Stored data
————
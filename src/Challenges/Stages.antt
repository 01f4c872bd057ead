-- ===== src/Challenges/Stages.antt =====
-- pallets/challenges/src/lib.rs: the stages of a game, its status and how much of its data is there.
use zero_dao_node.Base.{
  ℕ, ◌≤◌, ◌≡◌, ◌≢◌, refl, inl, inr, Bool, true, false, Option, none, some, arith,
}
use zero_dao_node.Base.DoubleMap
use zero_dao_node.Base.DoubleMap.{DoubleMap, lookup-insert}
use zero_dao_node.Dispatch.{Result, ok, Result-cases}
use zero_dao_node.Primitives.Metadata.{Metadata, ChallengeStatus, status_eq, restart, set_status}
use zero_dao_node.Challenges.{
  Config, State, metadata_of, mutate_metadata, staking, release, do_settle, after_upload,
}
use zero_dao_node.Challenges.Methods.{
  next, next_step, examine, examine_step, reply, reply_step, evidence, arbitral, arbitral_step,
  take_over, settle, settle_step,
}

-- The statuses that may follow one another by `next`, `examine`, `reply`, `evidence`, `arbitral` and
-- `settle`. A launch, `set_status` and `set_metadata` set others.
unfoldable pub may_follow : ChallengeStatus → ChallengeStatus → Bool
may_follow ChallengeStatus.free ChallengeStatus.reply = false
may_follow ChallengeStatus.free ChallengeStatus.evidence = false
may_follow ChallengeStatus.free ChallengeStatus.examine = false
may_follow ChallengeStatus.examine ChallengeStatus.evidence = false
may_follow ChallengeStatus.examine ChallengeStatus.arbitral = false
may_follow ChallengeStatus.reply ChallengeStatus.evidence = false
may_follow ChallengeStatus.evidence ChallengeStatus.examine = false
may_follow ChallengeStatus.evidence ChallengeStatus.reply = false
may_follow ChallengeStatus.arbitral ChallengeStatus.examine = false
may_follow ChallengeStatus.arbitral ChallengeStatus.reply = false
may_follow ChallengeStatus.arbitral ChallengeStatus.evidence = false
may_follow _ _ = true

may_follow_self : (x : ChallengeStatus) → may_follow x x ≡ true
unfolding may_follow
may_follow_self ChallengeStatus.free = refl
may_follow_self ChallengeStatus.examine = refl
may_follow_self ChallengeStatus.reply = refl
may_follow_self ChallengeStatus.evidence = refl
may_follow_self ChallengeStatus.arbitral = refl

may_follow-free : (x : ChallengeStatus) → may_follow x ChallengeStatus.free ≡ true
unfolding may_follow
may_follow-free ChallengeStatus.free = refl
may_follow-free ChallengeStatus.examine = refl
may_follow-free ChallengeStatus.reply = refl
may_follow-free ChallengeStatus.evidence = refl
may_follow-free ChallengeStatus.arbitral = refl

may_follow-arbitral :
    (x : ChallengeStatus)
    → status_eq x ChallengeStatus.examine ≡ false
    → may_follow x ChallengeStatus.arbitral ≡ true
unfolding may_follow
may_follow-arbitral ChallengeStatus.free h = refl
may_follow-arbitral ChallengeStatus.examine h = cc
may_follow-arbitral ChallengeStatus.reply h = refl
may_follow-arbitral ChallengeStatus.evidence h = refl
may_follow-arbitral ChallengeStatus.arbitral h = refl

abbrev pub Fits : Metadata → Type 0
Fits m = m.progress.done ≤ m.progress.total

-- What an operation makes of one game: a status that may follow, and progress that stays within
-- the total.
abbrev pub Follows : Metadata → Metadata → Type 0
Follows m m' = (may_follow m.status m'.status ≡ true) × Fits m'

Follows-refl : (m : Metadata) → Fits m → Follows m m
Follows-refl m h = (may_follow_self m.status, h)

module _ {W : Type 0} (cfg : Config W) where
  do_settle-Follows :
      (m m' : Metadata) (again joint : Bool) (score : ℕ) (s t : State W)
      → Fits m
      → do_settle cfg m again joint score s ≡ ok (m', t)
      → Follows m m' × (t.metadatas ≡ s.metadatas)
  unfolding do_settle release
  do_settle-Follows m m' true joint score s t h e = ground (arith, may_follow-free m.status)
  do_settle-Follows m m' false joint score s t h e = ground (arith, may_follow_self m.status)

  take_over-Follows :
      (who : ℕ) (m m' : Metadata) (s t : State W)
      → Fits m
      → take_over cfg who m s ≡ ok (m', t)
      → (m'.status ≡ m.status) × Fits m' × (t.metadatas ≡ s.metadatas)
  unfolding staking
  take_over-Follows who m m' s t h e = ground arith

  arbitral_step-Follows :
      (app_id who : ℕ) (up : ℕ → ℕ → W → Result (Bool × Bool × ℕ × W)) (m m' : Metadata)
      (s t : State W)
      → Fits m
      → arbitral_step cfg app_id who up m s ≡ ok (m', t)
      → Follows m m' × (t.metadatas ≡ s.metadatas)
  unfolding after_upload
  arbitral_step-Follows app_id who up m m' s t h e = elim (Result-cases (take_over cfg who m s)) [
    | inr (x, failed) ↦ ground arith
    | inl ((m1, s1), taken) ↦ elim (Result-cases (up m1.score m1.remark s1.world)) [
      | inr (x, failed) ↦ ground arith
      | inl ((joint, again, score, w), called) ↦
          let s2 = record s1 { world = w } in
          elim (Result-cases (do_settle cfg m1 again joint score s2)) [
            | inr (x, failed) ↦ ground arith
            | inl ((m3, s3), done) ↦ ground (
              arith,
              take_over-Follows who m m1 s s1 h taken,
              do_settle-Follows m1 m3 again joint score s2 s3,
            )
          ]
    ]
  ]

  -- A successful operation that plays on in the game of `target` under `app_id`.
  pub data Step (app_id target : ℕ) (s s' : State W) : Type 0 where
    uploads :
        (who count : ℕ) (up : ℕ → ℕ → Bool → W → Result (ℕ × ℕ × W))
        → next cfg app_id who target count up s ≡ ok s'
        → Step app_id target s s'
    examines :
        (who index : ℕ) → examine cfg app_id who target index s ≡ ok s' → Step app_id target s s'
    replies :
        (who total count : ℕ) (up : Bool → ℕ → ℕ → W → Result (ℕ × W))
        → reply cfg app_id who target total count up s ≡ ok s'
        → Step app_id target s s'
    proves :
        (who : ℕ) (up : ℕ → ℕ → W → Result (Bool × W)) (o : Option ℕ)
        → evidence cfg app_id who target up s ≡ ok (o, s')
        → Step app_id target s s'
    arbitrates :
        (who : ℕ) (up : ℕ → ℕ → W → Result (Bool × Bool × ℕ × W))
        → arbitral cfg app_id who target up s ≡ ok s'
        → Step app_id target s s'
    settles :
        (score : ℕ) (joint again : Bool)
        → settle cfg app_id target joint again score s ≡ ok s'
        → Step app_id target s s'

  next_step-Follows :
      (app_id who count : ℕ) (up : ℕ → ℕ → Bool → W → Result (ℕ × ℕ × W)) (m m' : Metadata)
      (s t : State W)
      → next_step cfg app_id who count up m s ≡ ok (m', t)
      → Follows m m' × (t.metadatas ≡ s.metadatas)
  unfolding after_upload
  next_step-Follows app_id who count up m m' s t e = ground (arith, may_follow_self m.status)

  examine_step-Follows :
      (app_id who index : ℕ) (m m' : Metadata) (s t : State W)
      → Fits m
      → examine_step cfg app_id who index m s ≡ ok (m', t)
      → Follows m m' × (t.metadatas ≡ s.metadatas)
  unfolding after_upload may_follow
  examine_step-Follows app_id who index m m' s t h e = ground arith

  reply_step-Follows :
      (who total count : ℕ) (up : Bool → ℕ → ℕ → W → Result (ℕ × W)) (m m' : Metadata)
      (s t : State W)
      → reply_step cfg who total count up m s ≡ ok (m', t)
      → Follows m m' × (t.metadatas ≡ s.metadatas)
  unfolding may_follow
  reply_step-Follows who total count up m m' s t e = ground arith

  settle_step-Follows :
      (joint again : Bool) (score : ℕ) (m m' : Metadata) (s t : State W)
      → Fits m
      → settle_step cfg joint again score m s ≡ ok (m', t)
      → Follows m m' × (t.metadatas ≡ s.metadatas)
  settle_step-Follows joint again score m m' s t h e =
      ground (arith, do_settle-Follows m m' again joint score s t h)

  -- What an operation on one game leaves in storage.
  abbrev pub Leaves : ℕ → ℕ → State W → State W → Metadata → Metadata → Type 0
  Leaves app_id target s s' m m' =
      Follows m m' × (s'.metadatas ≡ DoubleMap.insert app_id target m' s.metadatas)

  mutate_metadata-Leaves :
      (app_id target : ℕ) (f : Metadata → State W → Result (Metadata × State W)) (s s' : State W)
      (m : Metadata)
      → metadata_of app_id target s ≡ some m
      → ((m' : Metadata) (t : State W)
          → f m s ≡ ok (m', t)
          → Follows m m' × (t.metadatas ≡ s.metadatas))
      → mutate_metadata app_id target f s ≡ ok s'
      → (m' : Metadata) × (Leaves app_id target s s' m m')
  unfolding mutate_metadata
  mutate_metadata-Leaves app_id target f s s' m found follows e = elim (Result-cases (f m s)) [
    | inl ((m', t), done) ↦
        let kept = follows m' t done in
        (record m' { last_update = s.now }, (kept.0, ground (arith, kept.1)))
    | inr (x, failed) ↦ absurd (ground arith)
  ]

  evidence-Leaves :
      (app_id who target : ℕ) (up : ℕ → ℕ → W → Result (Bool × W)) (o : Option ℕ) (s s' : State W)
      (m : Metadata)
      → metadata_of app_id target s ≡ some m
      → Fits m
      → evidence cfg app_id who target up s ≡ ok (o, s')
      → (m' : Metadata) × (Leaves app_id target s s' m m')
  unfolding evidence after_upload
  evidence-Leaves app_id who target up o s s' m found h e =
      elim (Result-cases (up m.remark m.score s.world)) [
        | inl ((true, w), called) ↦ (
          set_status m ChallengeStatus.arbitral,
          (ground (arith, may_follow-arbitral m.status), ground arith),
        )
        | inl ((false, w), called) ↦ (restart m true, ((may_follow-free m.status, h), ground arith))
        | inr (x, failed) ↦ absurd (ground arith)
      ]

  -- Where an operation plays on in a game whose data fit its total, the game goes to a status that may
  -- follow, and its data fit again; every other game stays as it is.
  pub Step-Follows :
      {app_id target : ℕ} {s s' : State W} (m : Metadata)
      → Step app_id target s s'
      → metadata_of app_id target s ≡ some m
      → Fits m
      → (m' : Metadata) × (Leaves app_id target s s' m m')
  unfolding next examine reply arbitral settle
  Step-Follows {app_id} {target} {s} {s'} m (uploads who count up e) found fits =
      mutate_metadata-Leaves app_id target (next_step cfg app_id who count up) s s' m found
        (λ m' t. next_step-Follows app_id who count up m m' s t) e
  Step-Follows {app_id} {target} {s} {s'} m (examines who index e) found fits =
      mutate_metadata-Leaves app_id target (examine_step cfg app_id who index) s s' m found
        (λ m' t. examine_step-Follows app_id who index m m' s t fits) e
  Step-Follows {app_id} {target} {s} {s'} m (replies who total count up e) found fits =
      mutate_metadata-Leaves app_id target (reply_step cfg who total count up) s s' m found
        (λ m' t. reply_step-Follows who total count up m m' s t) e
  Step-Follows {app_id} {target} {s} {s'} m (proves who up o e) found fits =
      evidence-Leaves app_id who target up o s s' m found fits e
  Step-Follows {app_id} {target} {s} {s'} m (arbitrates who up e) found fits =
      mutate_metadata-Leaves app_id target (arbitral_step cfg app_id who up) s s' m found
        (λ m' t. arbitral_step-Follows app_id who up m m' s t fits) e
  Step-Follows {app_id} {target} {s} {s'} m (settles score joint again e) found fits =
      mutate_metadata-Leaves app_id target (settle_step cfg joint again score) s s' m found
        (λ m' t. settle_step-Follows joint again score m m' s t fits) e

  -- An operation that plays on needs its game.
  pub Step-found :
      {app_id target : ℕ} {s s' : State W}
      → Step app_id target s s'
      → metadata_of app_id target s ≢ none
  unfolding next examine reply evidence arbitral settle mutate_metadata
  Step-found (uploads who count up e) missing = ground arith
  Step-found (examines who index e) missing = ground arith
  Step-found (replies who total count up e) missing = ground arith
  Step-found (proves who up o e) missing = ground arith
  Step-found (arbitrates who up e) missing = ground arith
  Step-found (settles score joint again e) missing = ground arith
————
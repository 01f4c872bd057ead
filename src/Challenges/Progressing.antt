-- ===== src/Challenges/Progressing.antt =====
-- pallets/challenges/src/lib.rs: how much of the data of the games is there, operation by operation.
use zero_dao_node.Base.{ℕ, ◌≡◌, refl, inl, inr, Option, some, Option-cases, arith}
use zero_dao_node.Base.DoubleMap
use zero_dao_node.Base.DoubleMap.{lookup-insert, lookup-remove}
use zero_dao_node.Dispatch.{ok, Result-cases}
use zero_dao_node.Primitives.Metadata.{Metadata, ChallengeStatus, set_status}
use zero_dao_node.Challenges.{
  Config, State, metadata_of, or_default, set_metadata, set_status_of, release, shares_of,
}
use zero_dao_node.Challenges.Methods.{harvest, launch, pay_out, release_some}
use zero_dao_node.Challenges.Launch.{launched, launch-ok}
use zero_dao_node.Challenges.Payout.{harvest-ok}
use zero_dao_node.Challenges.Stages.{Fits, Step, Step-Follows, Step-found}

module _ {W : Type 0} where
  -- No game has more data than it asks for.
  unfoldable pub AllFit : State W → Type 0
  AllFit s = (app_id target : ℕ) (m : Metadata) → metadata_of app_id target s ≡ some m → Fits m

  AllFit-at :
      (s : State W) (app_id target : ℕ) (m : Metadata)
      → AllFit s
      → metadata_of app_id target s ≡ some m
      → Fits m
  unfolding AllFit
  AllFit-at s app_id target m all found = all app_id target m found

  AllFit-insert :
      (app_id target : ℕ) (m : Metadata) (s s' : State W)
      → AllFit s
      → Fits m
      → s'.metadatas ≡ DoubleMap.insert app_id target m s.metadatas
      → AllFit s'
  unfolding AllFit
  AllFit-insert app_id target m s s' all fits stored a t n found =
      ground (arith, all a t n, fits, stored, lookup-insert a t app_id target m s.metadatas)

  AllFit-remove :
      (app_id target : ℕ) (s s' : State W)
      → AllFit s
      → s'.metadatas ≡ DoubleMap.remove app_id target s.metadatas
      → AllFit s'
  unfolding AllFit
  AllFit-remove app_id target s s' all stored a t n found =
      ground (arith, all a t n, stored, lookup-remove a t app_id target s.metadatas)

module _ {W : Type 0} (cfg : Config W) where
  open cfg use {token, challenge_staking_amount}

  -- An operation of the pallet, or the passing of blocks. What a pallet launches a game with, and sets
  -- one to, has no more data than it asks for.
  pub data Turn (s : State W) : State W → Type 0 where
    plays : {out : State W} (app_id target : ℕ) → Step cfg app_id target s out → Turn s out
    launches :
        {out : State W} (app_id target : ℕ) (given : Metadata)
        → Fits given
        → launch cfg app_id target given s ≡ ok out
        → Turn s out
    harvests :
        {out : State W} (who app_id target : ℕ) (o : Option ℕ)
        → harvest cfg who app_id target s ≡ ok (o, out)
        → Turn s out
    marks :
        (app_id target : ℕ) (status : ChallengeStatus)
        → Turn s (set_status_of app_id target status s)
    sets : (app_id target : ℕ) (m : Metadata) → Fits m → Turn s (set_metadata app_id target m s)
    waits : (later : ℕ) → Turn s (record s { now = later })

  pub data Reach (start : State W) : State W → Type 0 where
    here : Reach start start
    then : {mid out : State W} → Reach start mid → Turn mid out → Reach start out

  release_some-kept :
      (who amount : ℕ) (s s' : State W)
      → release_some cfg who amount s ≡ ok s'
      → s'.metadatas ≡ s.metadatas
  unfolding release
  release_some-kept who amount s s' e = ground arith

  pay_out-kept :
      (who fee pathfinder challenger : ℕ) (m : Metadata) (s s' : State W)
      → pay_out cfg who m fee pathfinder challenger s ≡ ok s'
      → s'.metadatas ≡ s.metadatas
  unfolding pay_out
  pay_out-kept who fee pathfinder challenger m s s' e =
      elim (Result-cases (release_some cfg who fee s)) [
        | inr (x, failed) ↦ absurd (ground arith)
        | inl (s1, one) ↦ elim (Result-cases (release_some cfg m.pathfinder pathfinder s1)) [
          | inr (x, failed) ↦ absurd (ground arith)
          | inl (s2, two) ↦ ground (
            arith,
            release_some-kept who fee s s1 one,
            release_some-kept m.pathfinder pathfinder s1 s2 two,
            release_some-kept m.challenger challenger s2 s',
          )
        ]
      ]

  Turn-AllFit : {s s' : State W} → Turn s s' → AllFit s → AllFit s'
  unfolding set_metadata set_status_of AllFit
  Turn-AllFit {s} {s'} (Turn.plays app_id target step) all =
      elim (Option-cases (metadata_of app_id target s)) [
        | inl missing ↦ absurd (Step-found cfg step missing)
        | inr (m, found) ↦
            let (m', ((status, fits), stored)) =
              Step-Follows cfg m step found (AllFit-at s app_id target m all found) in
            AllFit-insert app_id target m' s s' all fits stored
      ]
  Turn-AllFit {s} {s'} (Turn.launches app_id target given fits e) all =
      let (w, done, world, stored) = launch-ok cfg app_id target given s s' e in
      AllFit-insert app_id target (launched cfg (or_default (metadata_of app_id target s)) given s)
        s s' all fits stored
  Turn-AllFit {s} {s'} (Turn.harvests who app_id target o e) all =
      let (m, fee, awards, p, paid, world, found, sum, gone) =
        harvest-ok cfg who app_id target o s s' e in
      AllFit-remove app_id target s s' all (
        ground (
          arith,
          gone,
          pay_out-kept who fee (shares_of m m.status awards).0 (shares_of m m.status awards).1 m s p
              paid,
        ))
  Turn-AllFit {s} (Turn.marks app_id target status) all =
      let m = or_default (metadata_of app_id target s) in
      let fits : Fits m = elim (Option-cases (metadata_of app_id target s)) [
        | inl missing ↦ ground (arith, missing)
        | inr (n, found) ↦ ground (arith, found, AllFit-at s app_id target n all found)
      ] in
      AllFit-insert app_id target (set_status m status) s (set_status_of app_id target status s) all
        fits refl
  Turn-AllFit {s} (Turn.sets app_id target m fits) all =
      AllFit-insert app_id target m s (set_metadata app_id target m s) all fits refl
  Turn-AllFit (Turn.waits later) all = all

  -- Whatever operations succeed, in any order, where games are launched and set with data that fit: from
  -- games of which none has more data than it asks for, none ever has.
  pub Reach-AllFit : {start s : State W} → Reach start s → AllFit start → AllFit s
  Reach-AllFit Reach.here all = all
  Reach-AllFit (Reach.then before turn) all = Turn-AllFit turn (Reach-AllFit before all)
————
● **Task instructions**
Check every line above for the string "Base" and copy those that have it.

● **Finished task**
use zero_dao_node.Base.{
use zero_dao_node.Base.DoubleMap
use zero_dao_node.Base.DoubleMap.{DoubleMap, lookup-insert}
use zero_dao_node.Base.{ℕ, ◌≡◌, refl, inl, inr, Option, some, Option-cases, arith}
use zero_dao_node.Base.DoubleMap
use zero_dao_node.Base.DoubleMap.{lookup-insert, lookup-remove}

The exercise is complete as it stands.